Intake manifold choices
The air gap will do little to help your problem. You need to stop the fuel from vaporizing in the fuel line. In the mid 80's not sure of what year they made a fuel filter with a return line built in for this reason.
I had the same issue with my Duster. Everytime I would go to start it after stopping for a while it would flood. I began turning the electric pump on and off until cool fuel reached the carburetor .
Tony Hershman. a Troyer Race car shop owner told me to put a return on my car. This was not cheap having to buy the line, fittings and the new regulator. But Tony and his son are well known in racing. His son is Kyle Bush's spotter .
Being it had an electric pump I had to get a different pressure regulator to use on the return line .

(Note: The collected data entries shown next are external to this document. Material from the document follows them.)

-- ===== src/Convert/Blob.antt =====
-- The blobs in which ScyllaDB keeps schema extensions (sample_app/convert_to_tablets.py,
-- `decode_extension`). Texts stay as their bytes: the program only looks for ASCII keys and values,
-- which no other bytes decode to.
pub mod Roundtrip
use scylla_k8s_example.Base.{
  ℕ, zero, suc, ◌+◌, ◌*◌, ◌≡◌, refl, Bool, true, false, ◌&&◌, Option, none, some,
}
use scylla_k8s_example.Base.Bytes.{from_little}
use scylla_k8s_example.Base.{List, [], ◌∷◌, take, drop, if◌then◌else◌, nat_eq, ◌==◌}

abbrev pub Bytes : Type 0
Bytes = List ℕ

unfoldable pub same_bytes : Bytes → Bytes → Bool
same_bytes [] [] = true
same_bytes (a ∷ x) (b ∷ y) = a == b && same_bytes x y
same_bytes _ _ = false

-- The loop over the length-prefixed texts. A slice past the end of the blob is short or empty.
unfoldable pub read_texts : ℕ → ℕ → Bytes → List Bytes
read_texts zero offset blob = []
read_texts (suc rounds) offset blob =
    let size = from_little (take 4 (drop offset blob)) in
    take size (drop (offset + 4) blob) ∷ read_texts rounds (offset + 4 + size) blob

-- `d[k] = v`
unfoldable pub put : Bytes → Bytes → List (Bytes × Bytes) → List (Bytes × Bytes)
put k v [] = (k, v) ∷ []
put k v ((j, w) ∷ d) = if same_bytes j k then (j, v) ∷ d else (j, w) ∷ put k v d

-- `dict(zip(values[0::2], values[1::2]))`
unfoldable pub pair_up : List Bytes → List (Bytes × Bytes) → List (Bytes × Bytes)
pair_up (k ∷ v ∷ values) d = pair_up values (put k v d)
pair_up _ d = d

unfoldable pub decode_extension : Bytes → List (Bytes × Bytes)
decode_extension blob = pair_up (read_texts (from_little (take 4 blob) * 2) 4 blob) []

-- `d.get(k)`
unfoldable pub find : Bytes → List (Bytes × Bytes) → Option Bytes
find k [] = none
find k ((j, v) ∷ d) = if same_bytes j k then some v else find k d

So I replaced the regulator on the feed line and used it as a return . Then ran a new feed line directly to the carburetor. $200 for line alone . But I trusted Tony and the Nascar guys. I never had that problem again. In fact the time slips were more consistent going back to back rounds.

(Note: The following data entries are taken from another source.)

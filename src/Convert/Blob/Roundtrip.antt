-- ===== src/Convert/Blob/Roundtrip.antt =====
-- Reading back a blob that is laid out as ScyllaDB lays out its extensions
-- (sample_app/convert_to_tablets.py, `decode_extension`).
use scylla_k8s_example.Base.{ℕ, ◌+◌, ◌*◌, ◌^◌, ◌<◌, ◌≡◌, refl, sym, ap, ◌∙◌, List, [], ◌∷◌, ◌++◌}
use scylla_k8s_example.Base.{length, take, drop, All, arith}
use scylla_k8s_example.Base.Bytes.{from_little, to_little, from_little-to_little}
use scylla_k8s_example.Base.Bytes.{take-append, drop-append, drop-drop}
use scylla_k8s_example.Base.{
  Option, none, some, Bool, true, false, &&-eq-true, nat_beq_iff, nat_eq, ◌==◌, Bool-cases, inl,
  inr, if◌then◌else◌,
}
use mathlib.Core.Bool.{false≢true}
use scylla_k8s_example.Convert.Blob.{
  Bytes, same_bytes, put, find, read_texts, pair_up, decode_extension,
}

-- Each text behind its length, and a map of texts behind the number of its entries.
pub encode_texts : List Bytes → Bytes
encode_texts [] = []
encode_texts (t ∷ l) = to_little 4 (length t) ++ (t ++ encode_texts l)

abbrev pub flatten : List (Bytes × Bytes) → List Bytes
flatten [] = []
flatten ((k, v) ∷ d) = k ∷ v ∷ flatten d

pub encode_extension : List (Bytes × Bytes) → Bytes
encode_extension d = to_little 4 (length d) ++ encode_texts (flatten d)

-- A length has room in four bytes.
abbrev pub Fits : Bytes → Type 0
Fits t = length t < 256 ^ 4

take_little : (k : ℕ) (m : Bytes) → take 4 (to_little 4 k ++ m) ≡ to_little 4 k
take_little k m = refl

drop_little : (k : ℕ) (m : Bytes) → drop 4 (to_little 4 k ++ m) ≡ m
drop_little k m = refl

read_texts-encode_texts :
    (l : List Bytes) (offset : ℕ) (blob : Bytes)
    → All Fits l
    → drop offset blob ≡ encode_texts l
    → read_texts (length l) offset blob ≡ l
unfolding read_texts encode_texts
read_texts-encode_texts [] offset blob f h = refl
read_texts-encode_texts (t ∷ l) offset blob (f, fs) h =
    let size : from_little (take 4 (drop offset blob)) ≡ length t =
      ap (λ b. from_little (take 4 b)) h ∙ from_little-to_little 4 (length t) f in
    let body : drop (offset + 4) blob ≡ t ++ encode_texts l =
      drop-drop offset 4 blob ∙ ap (drop 4) h in
    let text = ap (take (length t)) body ∙ take-append t (encode_texts l) in
    let others : drop (offset + 4 + length t) blob ≡ encode_texts l =
      drop-drop (offset + 4) (length t) blob
      ∙ ap (drop (length t)) body
      ∙ drop-append t (encode_texts l) in
    ap (λ n. take n (drop (offset + 4) blob) ∷ read_texts (length l) (offset + 4 + n) blob) size
    ∙ ap (λ b. b ∷ read_texts (length l) (offset + 4 + length t) blob) text
    ∙ ap (λ r. t ∷ r) (read_texts-encode_texts l (offset + 4 + length t) blob fs others)

flatten-length : (d : List (Bytes × Bytes)) → length (flatten d) ≡ length d * 2
flatten-length [] = omega arith
flatten-length ((k, v) ∷ d) = omega (arith, flatten-length d)

abbrev or_else : Option Bytes → Option Bytes → Option Bytes
or_else none o = o
or_else (some v) o = some v

-- The value that a list of entries has for a key: that of the last entry with it.
abbrev pub last_value : Bytes → List (Bytes × Bytes) → Option Bytes
last_value k [] = none
last_value k ((j, v) ∷ d) = or_else (last_value k d) (if same_bytes j k then some v else none)

same_bytes-eq : (a b : Bytes) → same_bytes a b ≡ true → a ≡ b
unfolding same_bytes
same_bytes-eq [] [] h = refl
same_bytes-eq [] (y ∷ b) h = cc h
same_bytes-eq (x ∷ a) [] h = cc h
same_bytes-eq (x ∷ a) (y ∷ b) h =
    let (first, rest) = &&-eq-true (x == y) (same_bytes a b) h in
    ap (λ n. n ∷ a) ((nat_beq_iff x y).0 first) ∙ ap (λ l. y ∷ l) (same_bytes-eq a b rest)

-- A value that was put is found, and the values of the other keys stay.
find-put :
    (k j v : Bytes) (d : List (Bytes × Bytes))
    → find k (put j v d) ≡ (if same_bytes j k then some v else find k d)
unfolding find put
find-put k j v [] = refl
find-put k j v ((i, w) ∷ d) = elim (Bool-cases (same_bytes i j)) [
  | inl same ↦
      let i_is_j = same_bytes-eq i j same in
      rw same (elim (Bool-cases (same_bytes i k)) [
        | inl e ↦ let e' = ap (λ x. same_bytes x k) (sym i_is_j) ∙ e in rw e (rw e' refl)
        | inr e ↦ let e' = ap (λ x. same_bytes x k) (sym i_is_j) ∙ e in rw e (rw e' refl)
      ])
  | inr other ↦ rw other (elim (Bool-cases (same_bytes j k)) [
    | inl a ↦ elim (Bool-cases (same_bytes i k)) [
      | inl b ↦
          let both = ap (λ x. same_bytes i x) (same_bytes-eq j k a) ∙ b in
          absurd (false≢true (sym other ∙ both))
      | inr b ↦ let ih = find-put k j v d in rw (a, b) (rw a at ih)
    ]
    | inr a ↦ elim (Bool-cases (same_bytes i k)) [
      | inl b ↦ rw (a, b) refl
      | inr b ↦ let ih = find-put k j v d in rw (a, b) (rw a at ih)
    ]
  ])
]

earlier_value :
    (o : Option Bytes) (b : Bool) (v : Bytes) (x : Option Bytes)
    → or_else o (if b then some v else x) ≡ or_else (or_else o (if b then some v else none)) x
earlier_value none true v x = refl
earlier_value none false v x = refl
earlier_value (some w) b v x = refl

find-pair_up :
    (k : Bytes) (d acc : List (Bytes × Bytes))
    → find k (pair_up (flatten d) acc) ≡ or_else (last_value k d) (find k acc)
unfolding pair_up
find-pair_up k [] acc = refl
find-pair_up k ((j, v) ∷ d) acc =
    find-pair_up k d (put j v acc)
    ∙ ap (or_else (last_value k d)) (find-put k j v acc)
    ∙ earlier_value (last_value k d) (same_bytes j k) v (find k acc)

decoded :
    (d : List (Bytes × Bytes))
    → length d < 256 ^ 4
    → All Fits (flatten d)
    → decode_extension (encode_extension d) ≡ pair_up (flatten d) []
unfolding decode_extension encode_extension
decoded d f fs =
    let rounds : from_little (to_little 4 (length d)) * 2 ≡ length (flatten d) =
      ap (λ n. n * 2) (from_little-to_little 4 (length d) f) ∙ sym (flatten-length d) in
    ap (λ n. pair_up (read_texts n 4 (encode_extension d)) []) rounds
    ∙ ap (λ l. pair_up l []) (read_texts-encode_texts (flatten d) 4 (encode_extension d) fs refl)

or_else-none : (o : Option Bytes) → or_else o none ≡ o
or_else-none none = refl
or_else-none (some v) = refl

-- If the number of entries and the lengths of all texts have room in four bytes, then looking up any
-- key in the dict decoded from the encoded entries gives the value of the last entry with that key,
-- and nothing if no entry has it.
pub decode_extension-encode_extension :
    (d : List (Bytes × Bytes))
    → length d < 256 ^ 4
    → All Fits (flatten d)
    → (k : Bytes) → find k (decode_extension (encode_extension d)) ≡ last_value k d
unfolding find
decode_extension-encode_extension d f fs k =
    ap (find k) (decoded d f fs) ∙ find-pair_up k d [] ∙ or_else-none (last_value k d)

Big difference that you all could not imagine. You need to keep the fuel moving in a circle back to the tank so it stays cool.
Its the fuel in the line that when it is boiling will not let the floats shut off the needle and seat until it gets solid fuel. It has nothing to do with the intake or carb. Fuel injection would be the ultimate fix. We are now going with a holley 4500 sniper on the new car.
Before
After
\
https://www.holley.com/products/fue...sniper_efi/sniper_stealth_4500/parts/550-841y
What I wanted to add is that if you are pulling fuel from the tank your symptom may be lack of pump pressure also. because its boiling before the pump. You'll lose power then when you go to start it it floods . Double whammy.
My car was pushing fuel. But I have seen the pulling problem.
Then I installed the 80's three nipple filter on a manual pump on the car with a factory style return . Most cars after 70 have a return line you can plumb in.